-- Task details --
Could you print exactly the lines of the listing below, starting at the line that has "of the name." and ending at the line that has "unfolding scan convert", and only those lines?

-- Records for processing --
-- ===== src/Client.antt =====
-- aoq-client.c: the line that the user types is turned into a request.
pub mod Push
pub mod Sent
pub mod Session
pub mod Host
mod Tests
use aoq.Prelude.{
  ℕ, zero, suc, ◌+◌, ◌-◌, ◌^◌, Bool, ◌||◌, ◌&&◌, List, [], ◌∷◌, ◌++◌, map, ltb, leb, ◌==◌,
  if◌then◌else◌, take, drop, length, replicate, codes,
}
use aoq.Prelude.Int.{ℤ, pos, negsuc, ◌+ℤ◌, ◌*ℤ◌, ltb_ℤ}
use aoq.Heap.{Run, ok, fault, stuck, ◌>>=◌}
use aoq.CText.{c_string, copy_to, atoi}
use aoq.CText.Digits.{six_digits}

-- A `char`, which is signed.
abbrev pub char_of : ℕ → ℤ
char_of c = if ltb c 128 then pos c else negsuc (255 - c)

abbrev pub is_long : ℤ → Bool
is_long (pos n) = ltb n (2 ^ 63)
is_long (negsuc n) = ltb n (2 ^ 63)

-- `num = num*10 + *name++`, where a `long` may overflow.
unfoldable pub name2num_loop : ℤ → List ℕ → Run ℤ
name2num_loop num [] = ok num
name2num_loop num (c ∷ name) =
    let n = num *ℤ pos 10 +ℤ char_of c in
    let more = name2num_loop n name in if is_long n then more else fault

unfoldable pub command_name2num : List ℕ → Run ℤ
unfolding name2num_loop
command_name2num name = name2num_loop (pos 0) name

-- `tolower` of each byte.
abbrev pub to_lower : ℕ → ℕ
to_lower c = if leb b'A' c && leb c b'Z' then c + 32 else c

unfoldable pub str2lower : List ℕ → List ℕ
str2lower s = map to_lower s

-- `while(i<len && !stops(*m))`: how far `m` and `i` move. The number is `len - i`.
unfoldable pub scan : (ℕ → Bool) → List ℕ → ℕ → Run ℕ
scan stops m zero = ok 0
scan stops [] (suc n) = fault
scan stops (c ∷ m) (suc n) =
    let more = scan stops m n >>= (λ j. ok (suc j)) in if stops c then ok 0 else more

-- What `protocol_convert` does: it returns 1 with the bytes to send; it returns -1, with a block for them or,
-- when it does not know the command, without; it prints the help and returns 1 without a block; or it
-- leaves the program.
pub data Converted : Type 0 where
  sent : List ℕ → Converted
  refused unknown helped quit : Converted

-- The case of `push`, behind its name: `m` is the memory, and `i` the place in the line.
unfoldable pub convert_push : List ℕ → ℕ → ℕ → Run Converted
unfolding scan
convert_push m i len = do
  j ← scan (λ c. c == 32) m (len - i)
  let left = len - (i + j)
  if ltb 2 left
      then (do
        let size = len + 18
        let head = codes "1702" ++ (six_digits j ++ (six_digits (left - 2) ++ 32 ∷ []))
        b₁ ← copy_to (replicate size 0) 0 (head ++ 0 ∷ [])
        b₂ ← copy_to b₁ 17 (take j m)
        b₃ ← copy_to b₂ (17 + j) (take (left - 1) (drop (j + 1) m))
        b₄ ← copy_to b₃ (17 + j + (left - 1)) (b'\n' ∷ [])
        ok (sent b₄))
      else ok refused

-- The cases of `pop`, `queue` and `delqueue`, which differ in the first four bytes.
unfoldable pub convert_name : List ℕ → List ℕ → ℕ → ℕ → Run Converted
unfolding scan
convert_name command m i len = do
  j ← scan (λ c. c == 0) m (len - i)
  if ltb 1 j
      then (do
        let size = len + 12
        b₁ ← copy_to (replicate size 0) 0 (command ++ (six_digits (j - 1) ++ 32 ∷ 0 ∷ []))
        b₂ ← copy_to b₁ 11 (take (j - 1) m)
        b₃ ← copy_to b₂ (11 + (j - 1)) (b'\n' ∷ [])
        ok (sent b₃))
      else ok refused

-- `sprintf` of a text into a block of six bytes.
unfoldable pub convert_fixed : List ℕ → Run Converted
convert_fixed text = copy_to (replicate 6 0) 0 (text ++ 0 ∷ []) >>= λ b. ok (sent b)

-- The `switch`, on the number of the name.
unfoldable pub convert : ℤ → List ℕ → ℕ → ℕ → Run Converted
unfolding convert_push convert_name convert_fixed
convert (negsuc _) m i len = ok unknown
convert (pos n) m i len =
    if n == 115292
    then ok helped
    else if n == 12769885
    then convert_fixed (codes "0501 \n")
    else if n == 124954
    then convert_push m i len
    else if n == 12422
    then convert_name (codes "1103") m i len
    else if n == 12583825
    then convert_fixed (codes "0504 ")
    else if n == 1258371
    then convert_name (codes "1105") m i len
    else if n == 1113058371
    then convert_name (codes "1006") m i len
    else if n == 125866
    then ok quit
    else ok unknown

-- The memory from `msg` on. `i` is read before anything is stored in it: the first argument is what it
-- happens to hold, when that is not negative.
unfoldable pub protocol_convert : ℕ → List ℕ → Run Converted
unfolding scan convert
protocol_convert start msg = do
  line ← c_string msg
  let len = length line
  j ← scan (λ c. c == 32 || c == b'\n') msg (len - start)
  let i = start + j
  command_str ← c_string (take i msg ++ 0 ∷ [])
  num ← command_name2num (str2lower command_str)
  convert num (drop (j + 1) msg) (i + 1) len

-- The client's `parse_head_len`, which reads on behind its block of two bytes.
unfoldable pub client_head_len : List ℕ → List ℕ → Run ℤ
client_head_len beyond msg = atoi (take 2 msg ++ beyond)

-- What `bufferevent_read` leaves in the buffer of 1024 bytes.
abbrev pub read_over : List ℕ → List ℕ → Run (List ℕ)
read_over piece msg = copy_to msg 0 piece

-- `while(len == 1024)` of `server_msg_cb`, with what the reads give: what is printed.
unfoldable pub print_loop : List (List ℕ) → ℕ → List ℕ → Run (List ℕ)
unfolding copy_to
print_loop [] len msg = if len == 1024 then stuck else ok []
print_loop (piece ∷ pieces) len msg =
    let more : Run (List ℕ) = (do
      msg' ← read_over piece msg
      text ← c_string msg'
      rest ← print_loop pieces (length piece) msg'
      ok (text ++ rest)) in
    if len == 1024 then more else ok []

unfoldable pub server_msg_cb : List ℕ → List ℕ → List (List ℕ) → Run (List ℕ)
unfolding print_loop copy_to
server_msg_cb beyond piece pieces = do
  msg ← read_over piece (replicate 1024 0)
  n ← client_head_len beyond msg
  text ← (elim n [ pos k ↦ c_string (drop k msg) | negsuc _ ↦ fault ])
  rest ← print_loop pieces (length piece) msg
  ok (text ++ rest)
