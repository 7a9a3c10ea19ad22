-- ===== src/Client/Session.antt =====
-- aoq-client.c: `main`, `cmd_msg_cb` and `event_cb`.
use aoq.Prelude.{
  ℕ, ◌-◌, Bool, true, false, Option, none, some, List, [], ◌∷◌, ◌++◌, replicate, length, codes,
  if◌then◌else◌,
}
use aoq.Prelude.Int.{ℤ, pos}
use aoq.Heap.{Run, ok, fault, ◌>>=◌, of_option}
use aoq.CText.{atoi}
use aoq.Client.{sent, refused, unknown, helped, quit, protocol_convert}

-- What `getopt` returns: `h` without an argument, for which `optarg` is `NULL`, `p` with the memory of its
-- argument, and the rest.
pub data ClientOpt : Type 0 where
  opt_h : ClientOpt
  opt_p : List ℕ → ClientOpt
  opt_other : ClientOpt

-- `host` and `port`; the host `none` is `NULL`.
pub record Peer : Type 0 where
  pub host : Option (List ℕ)
  pub port : ℤ

abbrev pub default_peer : Peer
default_peer = record { host = some (codes "0.0.0.0" ++ 0 ∷ []); port = pos 5211 }

-- The loop; `none` is the return of 1.
unfoldable pub read_peer : List ClientOpt → Peer → Run (Option Peer)
read_peer [] peer = ok (some peer)
read_peer (opt_h ∷ opts) peer = read_peer opts (record peer { host = none })
read_peer (opt_p optarg ∷ opts) peer =
    atoi optarg >>= λ n. read_peer opts (record peer { port = n })
read_peer (opt_other ∷ opts) peer = ok none

-- `main` up to the connection: the host, which `inet_aton` reads, and the port.
unfoldable pub client_main : List ClientOpt → Run (Option (List ℕ × ℤ))
unfolding read_peer
client_main opts = do
  r ← read_peer opts default_peer
  elim r [
    | none ↦ ok none
    | some peer ↦ of_option peer.host >>= (λ host. ok (some (host, peer.port)))
  ]

-- What `cmd_msg_cb` does: it writes to the server, does nothing, or ends the program with a code.
pub data Typed : Type 0 where
  wrote : List ℕ → Typed
  nothing : Typed
  ended : ℕ → Typed

-- `cmd_msg_cb`, with what `i` holds and what `read` brings, if it does not fail. Where `protocol_convert` has
-- set no block, `*send_data` has no value as `free` gets it.
unfoldable pub cmd_msg_cb : ℕ → Option (List ℕ) → Run Typed
cmd_msg_cb start none = ok (ended 1)
cmd_msg_cb start (some got) =
    protocol_convert start (got ++ replicate (1000000 - length got) 0) >>= λ c. elim c [
      | sent text ↦ ok (wrote text)
      | refused ↦ ok nothing
      | unknown ↦ fault
      | helped ↦ fault
      | quit ↦ ok (ended 0)
    ]

-- The bits of an event that `event_cb` looks at.
pub record BevEvent : Type 0 where
  pub eof : Bool
  pub error : Bool
  pub connected : Bool

-- `event_cb`: what it prints, and whether the connection and the event of the input are still there. The
-- text of the error is the system's.
unfoldable pub event_cb : List ℕ → BevEvent → List ℕ × Bool
event_cb error_text e =
    if e.eof
    then (codes "Connection closed.\n", false)
    else if e.error
    then (codes "Some other error:" ++ error_text ++ codes "\n", false)
    else if e.connected
    then ([], true)
    else ([], false)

-- Solved problem --
-- The `switch`, on the number of the name.
unfoldable pub convert : ℤ → List ℕ → ℕ → ℕ → Run Converted
unfolding convert_push convert_name convert_fixed
convert (negsuc _) m i len = ok unknown
convert (pos n) m i len =
    if n == 115292
    then ok helped
    else if n == 12769885
    then convert_fixed (codes "0501 \n")
    else if n == 124954
    then convert_push m i len
    else if n == 12422
    then convert_name (codes "1103") m i len
    else if n == 12583825
    then convert_fixed (codes "0504 ")
    else if n == 1258371
    then convert_name (codes "1105") m i len
    else if n == 1113058371
    then convert_name (codes "1006") m i len
    else if n == 125866
    then ok quit
    else ok unknown

-- The memory from `msg` on. `i` is read before anything is stored in it: the first argument is what it
-- happens to hold, when that is not negative.
unfoldable pub protocol_convert : ℕ → List ℕ → Run Converted
unfolding scan convert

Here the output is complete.